GOAL OF THE EXERCISE:
Pull every line holding the word "equal" from the data below and copy it.
------------------------------------------------------------------------
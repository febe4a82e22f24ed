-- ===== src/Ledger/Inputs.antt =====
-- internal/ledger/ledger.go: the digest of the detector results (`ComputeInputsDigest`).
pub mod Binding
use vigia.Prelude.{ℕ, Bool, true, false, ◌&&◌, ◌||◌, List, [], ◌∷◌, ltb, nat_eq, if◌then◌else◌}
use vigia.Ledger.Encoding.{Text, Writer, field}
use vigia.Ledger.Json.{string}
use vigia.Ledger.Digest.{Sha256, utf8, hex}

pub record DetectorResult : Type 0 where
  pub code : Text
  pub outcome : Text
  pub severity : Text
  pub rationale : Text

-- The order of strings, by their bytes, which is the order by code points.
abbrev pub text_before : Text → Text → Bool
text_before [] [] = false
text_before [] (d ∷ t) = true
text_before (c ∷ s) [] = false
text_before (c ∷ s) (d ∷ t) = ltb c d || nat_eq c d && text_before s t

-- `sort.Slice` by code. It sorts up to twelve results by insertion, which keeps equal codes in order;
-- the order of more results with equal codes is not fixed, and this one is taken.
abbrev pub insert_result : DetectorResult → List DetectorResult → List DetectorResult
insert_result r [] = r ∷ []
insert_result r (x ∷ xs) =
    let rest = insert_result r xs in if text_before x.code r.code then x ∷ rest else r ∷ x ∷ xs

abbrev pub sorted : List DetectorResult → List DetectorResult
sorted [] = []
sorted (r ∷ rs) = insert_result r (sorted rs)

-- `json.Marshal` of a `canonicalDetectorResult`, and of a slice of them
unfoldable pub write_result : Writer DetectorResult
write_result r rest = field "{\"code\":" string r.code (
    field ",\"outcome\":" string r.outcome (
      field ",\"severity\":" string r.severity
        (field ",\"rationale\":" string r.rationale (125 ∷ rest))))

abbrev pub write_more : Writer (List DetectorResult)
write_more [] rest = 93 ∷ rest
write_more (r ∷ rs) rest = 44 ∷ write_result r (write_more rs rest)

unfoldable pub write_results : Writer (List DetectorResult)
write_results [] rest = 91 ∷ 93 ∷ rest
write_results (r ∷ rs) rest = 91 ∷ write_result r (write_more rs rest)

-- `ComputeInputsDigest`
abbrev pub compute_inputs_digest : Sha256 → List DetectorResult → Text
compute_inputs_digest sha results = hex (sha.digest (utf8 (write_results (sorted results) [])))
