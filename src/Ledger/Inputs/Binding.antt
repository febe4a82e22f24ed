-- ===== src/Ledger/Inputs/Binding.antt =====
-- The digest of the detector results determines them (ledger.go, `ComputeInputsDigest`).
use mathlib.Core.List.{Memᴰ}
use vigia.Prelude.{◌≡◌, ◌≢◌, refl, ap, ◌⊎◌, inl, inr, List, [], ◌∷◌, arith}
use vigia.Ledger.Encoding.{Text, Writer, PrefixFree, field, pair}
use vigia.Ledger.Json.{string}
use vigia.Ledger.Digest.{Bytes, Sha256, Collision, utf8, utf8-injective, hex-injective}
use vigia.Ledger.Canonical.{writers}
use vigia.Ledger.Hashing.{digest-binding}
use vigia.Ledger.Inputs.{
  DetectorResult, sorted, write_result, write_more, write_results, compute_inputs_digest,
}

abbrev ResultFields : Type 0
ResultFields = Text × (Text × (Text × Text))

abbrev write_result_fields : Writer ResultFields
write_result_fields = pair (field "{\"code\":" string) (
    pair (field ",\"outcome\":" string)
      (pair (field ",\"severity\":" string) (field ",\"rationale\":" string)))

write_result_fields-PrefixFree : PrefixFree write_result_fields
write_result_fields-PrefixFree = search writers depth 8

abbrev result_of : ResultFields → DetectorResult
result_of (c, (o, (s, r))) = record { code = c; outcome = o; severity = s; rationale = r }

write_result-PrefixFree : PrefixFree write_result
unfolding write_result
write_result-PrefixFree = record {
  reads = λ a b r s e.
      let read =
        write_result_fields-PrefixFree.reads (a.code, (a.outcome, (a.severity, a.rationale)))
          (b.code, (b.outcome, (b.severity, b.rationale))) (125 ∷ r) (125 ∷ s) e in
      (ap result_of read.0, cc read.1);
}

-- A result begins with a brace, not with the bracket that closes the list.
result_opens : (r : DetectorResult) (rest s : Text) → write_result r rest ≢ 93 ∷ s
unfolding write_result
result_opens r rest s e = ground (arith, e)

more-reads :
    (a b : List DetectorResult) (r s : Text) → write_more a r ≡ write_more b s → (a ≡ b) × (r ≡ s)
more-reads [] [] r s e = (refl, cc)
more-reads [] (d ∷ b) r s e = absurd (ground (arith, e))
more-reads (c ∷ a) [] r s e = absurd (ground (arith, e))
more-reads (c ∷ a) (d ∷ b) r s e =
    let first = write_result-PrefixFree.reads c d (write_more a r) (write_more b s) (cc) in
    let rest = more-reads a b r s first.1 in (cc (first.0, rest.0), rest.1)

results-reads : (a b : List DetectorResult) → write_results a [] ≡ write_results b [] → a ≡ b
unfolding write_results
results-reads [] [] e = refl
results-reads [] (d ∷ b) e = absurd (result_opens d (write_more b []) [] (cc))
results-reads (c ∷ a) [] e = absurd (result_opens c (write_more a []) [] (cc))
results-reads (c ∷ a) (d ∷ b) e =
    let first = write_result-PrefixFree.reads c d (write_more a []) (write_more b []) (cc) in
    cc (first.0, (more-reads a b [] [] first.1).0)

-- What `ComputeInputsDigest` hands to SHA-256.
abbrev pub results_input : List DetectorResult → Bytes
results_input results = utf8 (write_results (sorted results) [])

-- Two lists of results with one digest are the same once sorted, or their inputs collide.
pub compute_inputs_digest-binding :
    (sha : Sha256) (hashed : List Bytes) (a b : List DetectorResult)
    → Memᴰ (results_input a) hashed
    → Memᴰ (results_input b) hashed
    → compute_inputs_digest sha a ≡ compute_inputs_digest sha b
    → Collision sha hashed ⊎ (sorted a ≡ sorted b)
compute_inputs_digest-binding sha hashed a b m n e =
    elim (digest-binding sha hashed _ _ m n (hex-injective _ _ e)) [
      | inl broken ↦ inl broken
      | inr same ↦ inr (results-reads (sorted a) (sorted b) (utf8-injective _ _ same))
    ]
------------------------------------------------------------------------
EXERCISE OUTPUT:
-- `sort.Slice` by code. It sorts up to twelve results by insertion, which keeps equal codes in order;
-- the order of more results with equal codes is not fixed, and this one is taken.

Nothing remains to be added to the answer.